WHAT TO PRODUCE
Please copy each line from the entries that contains the string "Tests".

(Data entries)
═══

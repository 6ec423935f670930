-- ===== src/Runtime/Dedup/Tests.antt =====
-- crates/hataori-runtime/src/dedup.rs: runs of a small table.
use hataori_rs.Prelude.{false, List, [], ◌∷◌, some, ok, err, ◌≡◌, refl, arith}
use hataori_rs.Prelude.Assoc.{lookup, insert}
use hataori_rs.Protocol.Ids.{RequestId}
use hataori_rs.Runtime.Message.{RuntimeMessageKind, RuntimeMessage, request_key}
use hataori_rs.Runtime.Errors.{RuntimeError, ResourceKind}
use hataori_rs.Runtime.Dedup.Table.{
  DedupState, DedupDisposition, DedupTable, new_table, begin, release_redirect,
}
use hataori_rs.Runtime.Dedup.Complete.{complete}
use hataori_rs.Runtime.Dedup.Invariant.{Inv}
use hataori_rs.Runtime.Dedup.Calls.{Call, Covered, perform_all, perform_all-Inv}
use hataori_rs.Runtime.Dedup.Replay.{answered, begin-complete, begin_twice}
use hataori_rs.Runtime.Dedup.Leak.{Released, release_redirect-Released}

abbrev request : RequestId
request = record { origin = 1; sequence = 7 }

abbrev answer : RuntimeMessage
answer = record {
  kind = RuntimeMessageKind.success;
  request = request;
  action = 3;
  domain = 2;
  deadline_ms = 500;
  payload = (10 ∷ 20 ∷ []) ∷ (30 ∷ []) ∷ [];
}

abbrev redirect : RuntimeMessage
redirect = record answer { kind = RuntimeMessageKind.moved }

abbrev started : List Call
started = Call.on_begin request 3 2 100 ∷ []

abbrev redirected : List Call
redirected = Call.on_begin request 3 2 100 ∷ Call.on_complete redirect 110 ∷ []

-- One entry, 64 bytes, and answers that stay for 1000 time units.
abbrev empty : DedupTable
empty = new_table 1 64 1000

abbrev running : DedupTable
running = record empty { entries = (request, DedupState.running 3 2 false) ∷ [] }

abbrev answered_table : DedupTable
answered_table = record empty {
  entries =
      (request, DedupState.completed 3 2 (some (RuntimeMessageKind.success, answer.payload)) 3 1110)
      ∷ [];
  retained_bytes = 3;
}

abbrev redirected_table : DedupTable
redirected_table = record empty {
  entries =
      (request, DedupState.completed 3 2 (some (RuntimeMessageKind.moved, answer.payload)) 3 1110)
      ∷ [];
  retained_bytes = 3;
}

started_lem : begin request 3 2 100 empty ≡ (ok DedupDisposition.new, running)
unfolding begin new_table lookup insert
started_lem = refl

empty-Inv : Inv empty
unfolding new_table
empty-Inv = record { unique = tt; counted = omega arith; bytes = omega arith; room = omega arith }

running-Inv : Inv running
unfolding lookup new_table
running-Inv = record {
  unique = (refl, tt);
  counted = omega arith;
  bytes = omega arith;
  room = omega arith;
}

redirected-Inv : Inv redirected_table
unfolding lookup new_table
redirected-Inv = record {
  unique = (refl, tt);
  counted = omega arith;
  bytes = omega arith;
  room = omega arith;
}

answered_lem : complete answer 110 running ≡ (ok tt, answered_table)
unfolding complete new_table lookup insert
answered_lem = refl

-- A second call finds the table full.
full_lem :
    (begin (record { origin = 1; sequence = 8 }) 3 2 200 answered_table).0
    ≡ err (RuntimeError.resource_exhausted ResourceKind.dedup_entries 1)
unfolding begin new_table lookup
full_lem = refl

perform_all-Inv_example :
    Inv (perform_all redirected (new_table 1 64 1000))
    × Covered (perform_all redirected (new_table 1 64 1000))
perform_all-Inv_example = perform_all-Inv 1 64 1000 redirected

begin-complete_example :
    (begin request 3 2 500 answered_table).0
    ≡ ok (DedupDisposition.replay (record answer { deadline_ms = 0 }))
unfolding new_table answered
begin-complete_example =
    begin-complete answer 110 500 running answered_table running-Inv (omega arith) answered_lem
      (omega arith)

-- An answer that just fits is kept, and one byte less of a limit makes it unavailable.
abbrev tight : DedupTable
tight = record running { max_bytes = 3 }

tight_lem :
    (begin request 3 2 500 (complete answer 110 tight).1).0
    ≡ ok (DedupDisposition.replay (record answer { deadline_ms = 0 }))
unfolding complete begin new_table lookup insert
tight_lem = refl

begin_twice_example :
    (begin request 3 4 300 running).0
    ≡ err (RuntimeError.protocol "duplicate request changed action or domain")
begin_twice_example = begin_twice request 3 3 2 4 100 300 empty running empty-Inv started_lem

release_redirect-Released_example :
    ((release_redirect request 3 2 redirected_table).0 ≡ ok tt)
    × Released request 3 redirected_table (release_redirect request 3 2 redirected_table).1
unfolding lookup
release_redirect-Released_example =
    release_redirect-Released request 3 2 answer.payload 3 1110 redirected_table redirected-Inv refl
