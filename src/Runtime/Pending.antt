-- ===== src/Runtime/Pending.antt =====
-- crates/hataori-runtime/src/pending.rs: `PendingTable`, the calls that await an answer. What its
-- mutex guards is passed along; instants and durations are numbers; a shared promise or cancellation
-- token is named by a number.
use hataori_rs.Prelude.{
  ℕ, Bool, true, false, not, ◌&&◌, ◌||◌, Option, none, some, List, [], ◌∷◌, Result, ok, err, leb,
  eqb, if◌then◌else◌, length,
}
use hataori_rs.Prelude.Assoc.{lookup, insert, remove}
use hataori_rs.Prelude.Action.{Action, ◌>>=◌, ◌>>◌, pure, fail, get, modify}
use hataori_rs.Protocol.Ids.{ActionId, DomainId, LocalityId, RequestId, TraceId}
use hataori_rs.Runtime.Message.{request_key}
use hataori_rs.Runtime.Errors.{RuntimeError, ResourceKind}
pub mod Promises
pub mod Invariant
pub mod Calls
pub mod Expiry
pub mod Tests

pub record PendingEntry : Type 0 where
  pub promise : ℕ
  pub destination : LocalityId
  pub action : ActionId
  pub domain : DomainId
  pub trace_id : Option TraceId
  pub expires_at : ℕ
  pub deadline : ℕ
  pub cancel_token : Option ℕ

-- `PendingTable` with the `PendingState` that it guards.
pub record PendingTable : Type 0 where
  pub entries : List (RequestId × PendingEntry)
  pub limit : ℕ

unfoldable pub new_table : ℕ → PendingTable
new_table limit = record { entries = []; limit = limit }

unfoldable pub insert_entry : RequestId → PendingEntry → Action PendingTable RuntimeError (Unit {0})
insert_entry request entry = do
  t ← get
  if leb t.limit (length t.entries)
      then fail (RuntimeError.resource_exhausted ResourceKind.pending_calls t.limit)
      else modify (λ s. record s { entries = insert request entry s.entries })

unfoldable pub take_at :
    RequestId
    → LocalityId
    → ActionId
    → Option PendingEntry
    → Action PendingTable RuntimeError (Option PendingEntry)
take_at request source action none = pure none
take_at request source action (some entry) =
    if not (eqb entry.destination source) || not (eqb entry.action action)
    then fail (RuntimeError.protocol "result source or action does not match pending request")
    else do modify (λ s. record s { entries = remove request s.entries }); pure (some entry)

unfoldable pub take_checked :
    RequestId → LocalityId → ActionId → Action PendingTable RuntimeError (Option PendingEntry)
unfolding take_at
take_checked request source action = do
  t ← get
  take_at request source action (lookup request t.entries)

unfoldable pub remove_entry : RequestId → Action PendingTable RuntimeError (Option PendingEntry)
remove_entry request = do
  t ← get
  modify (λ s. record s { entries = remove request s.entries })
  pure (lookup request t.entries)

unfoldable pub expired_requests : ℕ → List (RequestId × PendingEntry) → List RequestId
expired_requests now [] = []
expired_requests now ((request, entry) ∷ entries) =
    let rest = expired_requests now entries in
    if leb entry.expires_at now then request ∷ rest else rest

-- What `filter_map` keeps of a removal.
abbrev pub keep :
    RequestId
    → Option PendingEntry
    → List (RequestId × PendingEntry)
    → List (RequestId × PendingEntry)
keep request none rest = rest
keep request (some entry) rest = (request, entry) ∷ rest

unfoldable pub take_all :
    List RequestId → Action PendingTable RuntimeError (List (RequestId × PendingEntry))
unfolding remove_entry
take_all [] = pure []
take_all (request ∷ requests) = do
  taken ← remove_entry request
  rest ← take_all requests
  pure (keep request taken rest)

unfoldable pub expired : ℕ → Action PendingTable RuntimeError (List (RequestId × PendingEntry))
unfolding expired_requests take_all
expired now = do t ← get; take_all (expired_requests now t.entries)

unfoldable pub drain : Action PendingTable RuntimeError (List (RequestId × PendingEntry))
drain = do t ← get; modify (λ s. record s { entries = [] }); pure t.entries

═══

EXERCISE SOLUTION
-- ===== src/Runtime/Dedup/Tests.antt =====
pub mod Tests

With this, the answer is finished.